Dataset content
----

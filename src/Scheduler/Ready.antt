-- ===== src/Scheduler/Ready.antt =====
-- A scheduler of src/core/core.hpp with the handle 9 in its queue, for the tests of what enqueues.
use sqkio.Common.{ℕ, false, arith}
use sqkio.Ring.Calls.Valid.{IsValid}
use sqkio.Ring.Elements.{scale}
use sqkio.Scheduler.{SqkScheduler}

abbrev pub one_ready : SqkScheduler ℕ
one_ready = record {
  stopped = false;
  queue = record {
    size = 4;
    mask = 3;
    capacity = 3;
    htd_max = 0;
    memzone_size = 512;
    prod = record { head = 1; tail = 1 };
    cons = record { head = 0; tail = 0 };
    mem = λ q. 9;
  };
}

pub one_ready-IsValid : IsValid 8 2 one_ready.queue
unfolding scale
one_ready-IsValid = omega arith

----

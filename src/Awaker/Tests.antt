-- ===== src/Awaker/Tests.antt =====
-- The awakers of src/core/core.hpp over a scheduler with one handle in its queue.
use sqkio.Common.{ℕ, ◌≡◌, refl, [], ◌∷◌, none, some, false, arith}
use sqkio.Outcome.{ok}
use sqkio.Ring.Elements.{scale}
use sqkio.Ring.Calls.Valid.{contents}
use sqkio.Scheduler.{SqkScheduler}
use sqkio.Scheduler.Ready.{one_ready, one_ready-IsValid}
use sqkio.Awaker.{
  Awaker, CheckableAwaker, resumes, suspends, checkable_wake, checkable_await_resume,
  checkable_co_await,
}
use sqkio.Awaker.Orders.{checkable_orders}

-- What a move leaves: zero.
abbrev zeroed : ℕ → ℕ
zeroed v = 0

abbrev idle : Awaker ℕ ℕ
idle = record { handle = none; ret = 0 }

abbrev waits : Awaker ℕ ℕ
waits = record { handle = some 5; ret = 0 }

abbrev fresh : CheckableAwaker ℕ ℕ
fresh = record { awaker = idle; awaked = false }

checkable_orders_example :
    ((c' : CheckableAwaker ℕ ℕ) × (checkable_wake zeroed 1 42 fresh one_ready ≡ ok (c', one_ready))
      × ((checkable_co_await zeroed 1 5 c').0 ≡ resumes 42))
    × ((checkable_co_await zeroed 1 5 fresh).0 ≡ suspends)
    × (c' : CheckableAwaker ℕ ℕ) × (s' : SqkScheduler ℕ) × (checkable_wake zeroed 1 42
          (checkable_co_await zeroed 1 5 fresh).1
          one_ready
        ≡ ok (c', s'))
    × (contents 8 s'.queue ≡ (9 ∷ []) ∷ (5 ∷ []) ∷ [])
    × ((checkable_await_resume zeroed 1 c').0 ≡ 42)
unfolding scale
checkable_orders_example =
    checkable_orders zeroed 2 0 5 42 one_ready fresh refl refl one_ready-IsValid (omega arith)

----

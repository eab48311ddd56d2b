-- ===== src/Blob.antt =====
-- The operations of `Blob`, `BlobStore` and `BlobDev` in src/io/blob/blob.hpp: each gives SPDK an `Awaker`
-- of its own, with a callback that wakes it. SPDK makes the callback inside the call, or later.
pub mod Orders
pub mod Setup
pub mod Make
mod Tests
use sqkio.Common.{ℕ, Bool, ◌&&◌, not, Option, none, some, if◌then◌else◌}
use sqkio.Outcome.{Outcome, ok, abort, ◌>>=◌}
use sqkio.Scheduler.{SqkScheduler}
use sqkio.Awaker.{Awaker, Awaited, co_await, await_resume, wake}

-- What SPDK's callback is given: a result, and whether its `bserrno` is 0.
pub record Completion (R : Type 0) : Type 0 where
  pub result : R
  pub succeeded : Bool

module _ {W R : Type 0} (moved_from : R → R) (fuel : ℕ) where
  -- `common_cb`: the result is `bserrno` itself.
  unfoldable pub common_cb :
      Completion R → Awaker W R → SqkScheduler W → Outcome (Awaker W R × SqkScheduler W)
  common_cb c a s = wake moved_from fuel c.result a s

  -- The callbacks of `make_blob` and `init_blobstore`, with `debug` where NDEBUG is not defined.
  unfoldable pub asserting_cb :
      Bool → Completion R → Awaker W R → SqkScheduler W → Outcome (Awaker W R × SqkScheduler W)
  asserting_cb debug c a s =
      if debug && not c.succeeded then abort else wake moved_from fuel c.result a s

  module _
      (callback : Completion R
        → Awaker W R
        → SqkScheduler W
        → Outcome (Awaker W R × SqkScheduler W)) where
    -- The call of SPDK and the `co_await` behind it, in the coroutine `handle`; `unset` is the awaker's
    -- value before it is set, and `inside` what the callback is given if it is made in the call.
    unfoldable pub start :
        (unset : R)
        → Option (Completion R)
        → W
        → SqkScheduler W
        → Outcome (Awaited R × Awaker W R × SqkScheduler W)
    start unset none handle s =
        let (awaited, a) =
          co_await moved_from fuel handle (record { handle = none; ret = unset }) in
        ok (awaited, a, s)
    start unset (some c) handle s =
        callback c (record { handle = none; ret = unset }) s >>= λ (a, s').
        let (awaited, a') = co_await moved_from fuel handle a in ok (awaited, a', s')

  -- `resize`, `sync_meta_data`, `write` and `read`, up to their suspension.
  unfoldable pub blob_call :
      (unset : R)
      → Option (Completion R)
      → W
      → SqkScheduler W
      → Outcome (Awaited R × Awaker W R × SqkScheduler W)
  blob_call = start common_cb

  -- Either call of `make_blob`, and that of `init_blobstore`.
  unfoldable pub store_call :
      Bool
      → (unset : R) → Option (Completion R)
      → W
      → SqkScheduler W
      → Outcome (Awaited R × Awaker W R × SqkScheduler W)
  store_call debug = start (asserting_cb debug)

----

Exercise goal
Among the entries above, copy exactly only the lines starting with the one containing "filename src/Scheduler/Ready.antt" and going through the one containing "one_ready-IsValid = omega arith", both ends included.

Answer box
filename src/Scheduler/Ready.antt
-- ===== src/Scheduler/Ready.antt =====
-- A scheduler of src/core/core.hpp with the handle 9 in its queue, for the tests of what enqueues.
use sqkio.Common.{ℕ, false, arith}
use sqkio.Ring.Calls.Valid.{IsValid}
use sqkio.Ring.Elements.{scale}
use sqkio.Scheduler.{SqkScheduler}

abbrev pub one_ready : SqkScheduler ℕ
one_ready = record {
  stopped = false;
  queue = record {
    size = 4;
    mask = 3;
    capacity = 3;
    htd_max = 0;
    memzone_size = 512;
    prod = record { head = 1; tail = 1 };
    cons = record { head = 0; tail = 0 };
    mem = λ q. 9;
  };
}

pub one_ready-IsValid : IsValid 8 2 one_ready.queue
unfolding scale
one_ready-IsValid = omega arith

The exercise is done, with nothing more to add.